Queensland will have to endure a much larger economic adjustment in response to the carbon price than other States, in large part because of the need to reduce fugitive emissions from coal mining and emissions relating to aluminium smelting, which uses huge amounts of electricity. The Treasury carbon price modelling report contains this chart projecting the emission intensities (i.e. greenhouse gas emissions per dollar of Gross State Product) of the Australian States over the next few decades:
Part of this adjustment will involve a loss of competitiveness of Queensland’s coal industry, due to the taxing of fugitive emissions, but this could have a beneficial side effect for Queensland’s tourism industry and our tourism-dependent regions, such as the Gold Coast and the Far North, through a reduction in the exchange rate.
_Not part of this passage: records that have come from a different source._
-- ===== src/Buffer/Float.antt =====
-- `WriteFloat` and `ReadFloat` of Packets/Buffer.cpp. A float is its 32 bits.
use game_network.Base.{
  ℕ, zero, suc, ◌+◌, ◌-◌, ◌*◌, ◌/◌, ◌%◌, ◌^◌, ◌<◌, ◌≡◌, refl, sym, ap, ◌∙◌, arith, true, ◌||◌, ◌&&◌,
  List, [], ◌∷◌, ◌++◌, length, length-append, le→leb, if◌then◌else◌, leb, ltb, ◌==◌, Result, ok,
  throws, out_of_range, ◌>>=◌,
}
use game_network.Base.Bytes.{le_bytes, be_bytes, le_value, length-le_bytes}
use game_network.Buffer.{Buffer, has_room, write_bytes, read_bytes, rewind}
use game_network.Buffer.Cursor.{cursor, write_bytes-cursor, read_bytes-cursor, rewind-cursor}

-- WinSock's `htonf`, from a float to the number with its bytes in network order, and `ntohf` back.
pub record FloatOrder : Type 0 where
  pub htonf : ℕ → ℕ
  pub ntohf : ℕ → ℕ
  pub htonf_bytes : (v : ℕ) → v < 2 ^ 32 → le_bytes 4 (htonf v) ≡ be_bytes 4 v
  pub ntohf_bytes : (v : ℕ) → v < 2 ^ 32 → ntohf (le_value (be_bytes 4 v)) ≡ v

-- The position of the highest bit that is 1, searched from `n - 1` down.
unfoldable pub top_bit_of : ℕ → ℕ → ℕ
top_bit_of zero v = 0
top_bit_of (suc n) v = let rest = top_bit_of n v in if leb (2 ^ n) v then n else rest

-- `v / 2 ^ shift`, rounded to the nearest, and halfway to the even one.
abbrev pub rounded : ℕ → ℕ → ℕ
rounded v shift =
    let q = v / 2 ^ shift in
    let r = v % 2 ^ shift in
    if ltb (2 ^ shift) (2 * r) || ((2 * r == 2 ^ shift) && (q % 2 == 1)) then q + 1 else q

-- `static_cast<float>` of an `unsigned int`: the number with that value, of 24 bits that count. A
-- carry out of them goes to the exponent.
unfoldable pub float_of : ℕ → ℕ
unfolding top_bit_of
float_of v =
    let e = top_bit_of 32 v in
    if v == 0
    then 0
    else if leb e 23
    then (126 + e) * 2 ^ 23 + v * 2 ^ (23 - e)
    else (126 + e) * 2 ^ 23 + rounded v (e - 23)

module _ (f : FloatOrder) where
  -- The sum with `sizeof(float)` is unsigned, and so is the test. What is stored is not the number
  -- that `htonf` makes but a float of its value.
  unfoldable pub write_float : ℕ → Buffer → Result Buffer
  unfolding write_bytes float_of
  write_float v b =
      if has_room 4 b
      then write_bytes (le_bytes 4 (float_of (f.htonf v))) b
      else throws out_of_range

  -- One byte is read, and the index goes on by four.
  unfoldable pub read_float : Buffer → Result (ℕ × Buffer)
  unfolding read_bytes
  read_float b =
      if has_room 4 b
      then (do
        (bs, b') ← read_bytes 1 b
        ok (f.ntohf (le_value bs), record b { index = b.index + 4 }))
      else throws out_of_range

module _ (f : FloatOrder) (mid slack : List ℕ) (small : length mid < 2 ^ 31 - 4) where
  room : (bs : List ℕ) → length bs ≡ 4 → has_room 4 (cursor [] (bs ++ mid) slack) ≡ true
  room bs e = le→leb _ _ (omega (arith, length-append bs mid))

  write_float-cursor :
      (v : ℕ) (old : List ℕ)
      → length old ≡ 4
      → write_float f v (cursor [] (old ++ mid) slack)
        ≡ ok (cursor (le_bytes 4 (float_of (f.htonf v))) mid slack)
  unfolding write_float
  write_float-cursor v old e =
      let stored = float_of (f.htonf v) in
      rw (room old e) (
        write_bytes-cursor [] (le_bytes 4 stored) old mid slack
          (e ∙ sym (length-le_bytes 4 stored)))

  read_float-cursor :
      (b : ℕ) (bs : List ℕ)
      → length (b ∷ bs) ≡ 4
      → (r : Buffer) × (read_float f (cursor [] ((b ∷ bs) ++ mid) slack) ≡ ok (f.ntohf b, r))
  unfolding read_float le_value
  read_float-cursor b bs e = (
    record (cursor [] ((b ∷ bs) ++ mid) slack) { index = 4 },
    rw (room (b ∷ bs) e, read_bytes-cursor 1 [] (b ∷ []) (bs ++ mid) slack refl)
        (ap (λ n. ok (f.ntohf n, record (cursor [] ((b ∷ bs) ++ mid) slack) { index = 4 }))
          (omega arith)),
  )

  -- What is written at the front of a buffer with room for it, and read from there, comes back as what
  -- `ntohf` makes of one byte: the last of the number that `float_of` gives for that of `htonf`.
  pub write_float-read_float :
      (v : ℕ) (old : List ℕ)
      → length old ≡ 4
      → (do
        b ← write_float f v (cursor [] (old ++ mid) slack)
        (w, b') ← read_float f (rewind b)
        ok w)
        ≡ ok (f.ntohf (float_of (f.htonf v) % 256))
  unfolding le_bytes
  write_float-read_float v old e =
      let stored = float_of (f.htonf v) in
      let (b, read) = read_float-cursor (stored % 256) (le_bytes 3 (stored / 256)) refl in
      rw (write_float-cursor v old e, rewind-cursor (le_bytes 4 stored) mid slack, read) refl
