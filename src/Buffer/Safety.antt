-- ===== src/Buffer/Safety.antt =====
-- Memory safety of the buffer: what its checks promise, and where the unsigned check fails.
use game_network.Base.{
  ℕ, zero, suc, ◌+◌, ◌^◌, ◌≤◌, ◌<◌, ◌≡◌, refl, ◌∙◌, inl, inr, arith, true, false, List, ◌++◌, some,
  length, length-append, length-take, length-drop, take, drop, leb, le→leb, leb→le, Bool-cases,
  Result, ok, throws, fault, out_of_range, ◌>>=◌, if◌then◌else◌,
}
use game_network.Base.Int.{pos, leb_ℤ}
use game_network.Buffer.{Buffer, write_bytes, read_bytes, write_loop, read_loop}

-- The buffer at `m`, of which the first `s` bytes are declared, at index `i`.
abbrev pub buffer_at : List ℕ → ℕ → ℕ → Buffer
buffer_at m s i = record { memory = some m; size = pos s; index = i }

-- The buffer has memory, the declared bytes lie in it, and the cursor lies in those.
pub data IsValid : Buffer → Type 0 where
  valid : (m : List ℕ) (s i : ℕ) → s ≤ length m → i ≤ s → s < 2 ^ 31 → IsValid (buffer_at m s i)

-- What an operation of `n` bytes does at `b`: it throws exactly when the bytes are not there, and
-- otherwise moves the index over them and leaves a valid buffer of the same size.
pub data Outcome (n : ℕ) (b : Buffer) : Result Buffer → Type 0 where
  refused : leb_ℤ (b.index + n) b.size ≡ false → Outcome n b (throws out_of_range)
  moved :
      {b' : Buffer}
      → leb_ℤ (b.index + n) b.size ≡ true
      → IsValid b'
      → b'.index ≡ b.index + n
      → b'.size ≡ b.size
      → Outcome n b (ok b')

-- The buffer that a read leaves, without what it read.
abbrev pub after {ℓ} : {A : Type ℓ} → Result (A × Buffer) → Result Buffer
after (ok (a, b)) = ok b
after (throws e) = throws e
after fault = fault

after-value :
    (r : Result (List ℕ × Buffer)) (f : List ℕ → ℕ)
    → after (do (bs, b') ← r; ok (f bs, b')) ≡ after r
after-value (ok (bs, b)) f = refl
after-value (throws e) f = refl
after-value fault f = refl

length-store :
    (i : ℕ) (bs m : List ℕ)
    → i + length bs ≤ length m
    → length (take i m ++ (bs ++ drop (i + length bs) m)) ≡ length m
length-store i bs m h = omega (
  arith,
  length-append (take i m) (bs ++ drop (i + length bs) m),
  length-append bs (drop (i + length bs) m),
  length-take i m,
  length-drop (i + length bs) m,
)

pub write_bytes_at :
    (bs m : List ℕ) (s i k : ℕ)
    → i + length bs ≡ k
    → k ≤ length m
    → (m' : List ℕ) × (length m' ≡ length m)
      × (write_bytes bs (buffer_at m s i) ≡ ok (buffer_at m' s k))
unfolding write_bytes
write_bytes_at bs m s i k e h = rw (← e) (
  take i m ++ (bs ++ drop (i + length bs) m),
  length-store i bs m (rw e h),
  rw (le→leb (i + length bs) (length m) (rw e h)),
)

pub read_bytes_at :
    (n : ℕ) (m : List ℕ) (s i k : ℕ)
    → i + n ≡ k
    → k ≤ length m
    → read_bytes n (buffer_at m s i) ≡ ok (take n (drop i m), buffer_at m s k)
unfolding read_bytes
read_bytes_at n m s i k e h = rw (← e) (rw (le→leb (i + n) (length m) (rw e h)))

-- The checks of fixed width.
module _ (m : List ℕ) (s i : ℕ) (in_memory : s ≤ length m) (passed : i ≤ s)
    (small : s < 2 ^ 31) where
  pub fixed_write :
      (n : ℕ) (bs : List ℕ)
      → length bs ≡ n
      → Outcome n
          (buffer_at m s i)
          (if leb (i + n) s then write_bytes bs (buffer_at m s i) else throws out_of_range)
  fixed_write n bs e = elim (Bool-cases (leb (i + n) s)) [
    | inl fits ↦
        let h : i + n ≤ s = leb→le _ _ fits in
        let (m', same, r) = write_bytes_at bs m s i (i + n) (rw e) (omega arith) in
        rw (fits, r) (moved fits (valid m' s (i + n) (rw same in_memory) h small) refl refl)
    | inr over ↦ rw over (refused over)
  ]

  pub fixed_read :
      (n : ℕ) (f : List ℕ → ℕ)
      → Outcome n (buffer_at m s i) (
          after (
            if leb (i + n) s
            then (do (bs, b') ← read_bytes n (buffer_at m s i); ok (f bs, b'))
            else throws out_of_range))
  fixed_read n f = elim (Bool-cases (leb (i + n) s)) [
    | inl fits ↦
        let h : i + n ≤ s = leb→le _ _ fits in
        rw (fits, read_bytes_at n m s i (i + n) refl (omega arith))
          (moved fits (valid m s (i + n) in_memory h small) refl refl)
    | inr over ↦ rw over (refused over)
  ]

pub write_loop_at :
    (left j : ℕ) (source m : List ℕ) (s i k : ℕ)
    → i + left ≡ k
    → k ≤ length m
    → j + left ≤ length source
    → (m' : List ℕ) × (length m' ≡ length m)
      × (write_loop left j source (buffer_at m s i) ≡ ok (buffer_at m' s k))
unfolding write_loop
write_loop_at zero j source m s i k e h t = let e' : i ≡ k = omega arith in (m, refl, rw e')
write_loop_at (suc left) j source m s i k e h t =
    let one : length (take 1 (drop j source)) ≡ 1 =
      omega (arith, length-take 1 (drop j source), length-drop j source) in
    let (m₁, same, r) =
      write_bytes_at (take 1 (drop j source)) m s i (i + 1) (rw one) (omega arith) in
    let (m₂, same', r') =
      write_loop_at left (j + 1) source m₁ s (i + 1) k (omega arith) (omega arith) (omega arith) in
    (m₂, same' ∙ same, rw (le→leb (j + 1) (length source) (omega arith), r) r')

pub read_loop_at :
    (left j : ℕ) (out m : List ℕ) (s i k : ℕ)
    → i + left ≡ k
    → k ≤ length m
    → j + left ≤ length out
    → (out' : List ℕ) × (read_loop left j out (buffer_at m s i) ≡ ok (out', buffer_at m s k))
unfolding read_loop
read_loop_at zero j out m s i k e h t = let e' : i ≡ k = omega arith in (out, rw e')
read_loop_at (suc left) j out m s i k e h t =
    let c = take 1 (drop i m) in
    let one : length c ≡ 1 = omega (arith, length-take 1 (drop i m), length-drop i m) in
    let fits : j + length c ≤ length out = omega arith in
    let (out', r) =
      read_loop_at left (j + 1) (take j out ++ (c ++ drop (j + length c) out)) m s (i + 1) k
        (omega arith) (omega arith) (omega (arith, length-store j c out fits)) in
    (
      out',
      rw (read_bytes_at 1 m s i (i + 1) refl (omega arith), le→leb (j + length c) (length out) fits)
          r,
    )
The Treasury modelling report notes (p. 99):
…pricing of fugitive emissions in coal and gas production slows their output and export growth. This tends to lower Australia’s exchange rate, making other trade-exposed industries more competitive.
The Queensland Government will now have to consider the impacts of the carbon price on the competitiveness of our coal mining sector and the implications for coal royalties over the longer-term. My gut feeling is that this will only have a small impact, but Queensland coal miners are clearly concerned about it (e.g. see p. 16 of this presentation from former Queensland Treasurer Keith De Lacy).